Exercise details » Keep only the lines from the top of the listing through the one with "w) tokens) rest", and reproduce them unaltered.

Provided data: Begin

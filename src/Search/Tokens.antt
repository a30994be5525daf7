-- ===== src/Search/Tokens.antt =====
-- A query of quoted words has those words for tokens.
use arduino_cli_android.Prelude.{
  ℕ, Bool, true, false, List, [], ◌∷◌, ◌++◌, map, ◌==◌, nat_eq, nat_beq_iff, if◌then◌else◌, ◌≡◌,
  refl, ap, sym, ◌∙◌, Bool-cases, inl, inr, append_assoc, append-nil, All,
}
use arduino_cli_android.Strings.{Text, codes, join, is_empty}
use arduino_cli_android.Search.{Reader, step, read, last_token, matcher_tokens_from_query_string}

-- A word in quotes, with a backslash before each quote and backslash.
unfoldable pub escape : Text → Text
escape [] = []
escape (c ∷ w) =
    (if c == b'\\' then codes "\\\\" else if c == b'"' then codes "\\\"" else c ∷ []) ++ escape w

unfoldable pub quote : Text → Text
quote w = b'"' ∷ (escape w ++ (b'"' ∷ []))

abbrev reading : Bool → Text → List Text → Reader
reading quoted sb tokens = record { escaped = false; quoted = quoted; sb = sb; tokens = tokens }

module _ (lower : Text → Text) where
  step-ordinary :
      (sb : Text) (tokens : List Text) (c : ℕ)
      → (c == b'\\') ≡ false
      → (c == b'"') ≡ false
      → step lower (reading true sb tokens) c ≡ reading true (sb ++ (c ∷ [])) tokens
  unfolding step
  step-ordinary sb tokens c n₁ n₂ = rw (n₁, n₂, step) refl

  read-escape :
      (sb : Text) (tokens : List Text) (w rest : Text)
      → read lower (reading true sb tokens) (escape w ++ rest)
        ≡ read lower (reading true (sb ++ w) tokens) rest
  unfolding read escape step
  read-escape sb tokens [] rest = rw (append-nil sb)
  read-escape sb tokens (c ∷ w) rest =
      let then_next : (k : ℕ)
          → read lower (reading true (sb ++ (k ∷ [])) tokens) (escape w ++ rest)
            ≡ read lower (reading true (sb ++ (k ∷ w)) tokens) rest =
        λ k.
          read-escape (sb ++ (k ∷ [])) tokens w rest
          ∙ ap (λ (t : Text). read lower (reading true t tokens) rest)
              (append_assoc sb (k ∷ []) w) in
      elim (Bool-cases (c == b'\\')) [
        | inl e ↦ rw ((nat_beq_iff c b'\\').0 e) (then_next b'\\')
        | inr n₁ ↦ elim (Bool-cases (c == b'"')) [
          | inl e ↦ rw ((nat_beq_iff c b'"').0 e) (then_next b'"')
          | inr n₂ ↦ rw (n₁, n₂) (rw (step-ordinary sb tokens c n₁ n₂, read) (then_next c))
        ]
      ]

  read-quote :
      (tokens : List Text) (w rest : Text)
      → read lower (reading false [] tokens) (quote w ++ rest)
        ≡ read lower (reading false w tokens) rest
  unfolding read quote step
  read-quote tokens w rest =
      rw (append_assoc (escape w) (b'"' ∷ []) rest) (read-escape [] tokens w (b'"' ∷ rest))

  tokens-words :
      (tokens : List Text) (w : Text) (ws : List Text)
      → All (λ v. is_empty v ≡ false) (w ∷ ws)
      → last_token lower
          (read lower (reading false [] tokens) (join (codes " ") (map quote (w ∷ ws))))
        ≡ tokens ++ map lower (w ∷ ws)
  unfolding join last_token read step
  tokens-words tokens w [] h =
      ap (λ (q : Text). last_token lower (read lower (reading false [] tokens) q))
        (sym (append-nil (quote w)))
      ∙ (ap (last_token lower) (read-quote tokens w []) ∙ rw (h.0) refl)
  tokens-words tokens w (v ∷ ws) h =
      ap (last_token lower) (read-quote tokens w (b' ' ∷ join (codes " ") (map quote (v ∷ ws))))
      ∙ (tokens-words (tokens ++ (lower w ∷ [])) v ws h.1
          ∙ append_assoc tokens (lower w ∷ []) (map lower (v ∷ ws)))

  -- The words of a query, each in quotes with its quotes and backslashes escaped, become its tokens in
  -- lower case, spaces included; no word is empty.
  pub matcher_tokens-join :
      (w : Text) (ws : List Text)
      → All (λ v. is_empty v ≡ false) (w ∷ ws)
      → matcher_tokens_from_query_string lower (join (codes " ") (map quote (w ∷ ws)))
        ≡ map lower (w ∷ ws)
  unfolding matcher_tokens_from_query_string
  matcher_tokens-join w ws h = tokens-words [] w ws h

Provided data: End

Task answer »
filename src/Search/Tokens.antt
repository a30994be5525daf7
-- ===== src/Search/Tokens.antt =====
-- A query of quoted words has those words for tokens.
use arduino_cli_android.Prelude.{
  ℕ, Bool, true, false, List, [], ◌∷◌, ◌++◌, map, ◌==◌, nat_eq, nat_beq_iff, if◌then◌else◌, ◌≡◌,
  refl, ap, sym, ◌∙◌, Bool-cases, inl, inr, append_assoc, append-nil, All,
}
use arduino_cli_android.Strings.{Text, codes, join, is_empty}
use arduino_cli_android.Search.{Reader, step, read, last_token, matcher_tokens_from_query_string}

-- A word in quotes, with a backslash before each quote and backslash.
unfoldable pub escape : Text → Text
escape [] = []
escape (c ∷ w) =
    (if c == b'\\' then codes "\\\\" else if c == b'"' then codes "\\\"" else c ∷ []) ++ escape w

unfoldable pub quote : Text → Text
quote w = b'"' ∷ (escape w ++ (b'"' ∷ []))

abbrev reading : Bool → Text → List Text → Reader
reading quoted sb tokens = record { escaped = false; quoted = quoted; sb = sb; tokens = tokens }

module _ (lower : Text → Text) where
  step-ordinary :
      (sb : Text) (tokens : List Text) (c : ℕ)
      → (c == b'\\') ≡ false
      → (c == b'"') ≡ false
      → step lower (reading true sb tokens) c ≡ reading true (sb ++ (c ∷ [])) tokens
  unfolding step
  step-ordinary sb tokens c n₁ n₂ = rw (n₁, n₂, step) refl

  read-escape :
      (sb : Text) (tokens : List Text) (w rest : Text)
      → read lower (reading true sb tokens) (escape w ++ rest)
        ≡ read lower (reading true (sb ++ w) tokens) rest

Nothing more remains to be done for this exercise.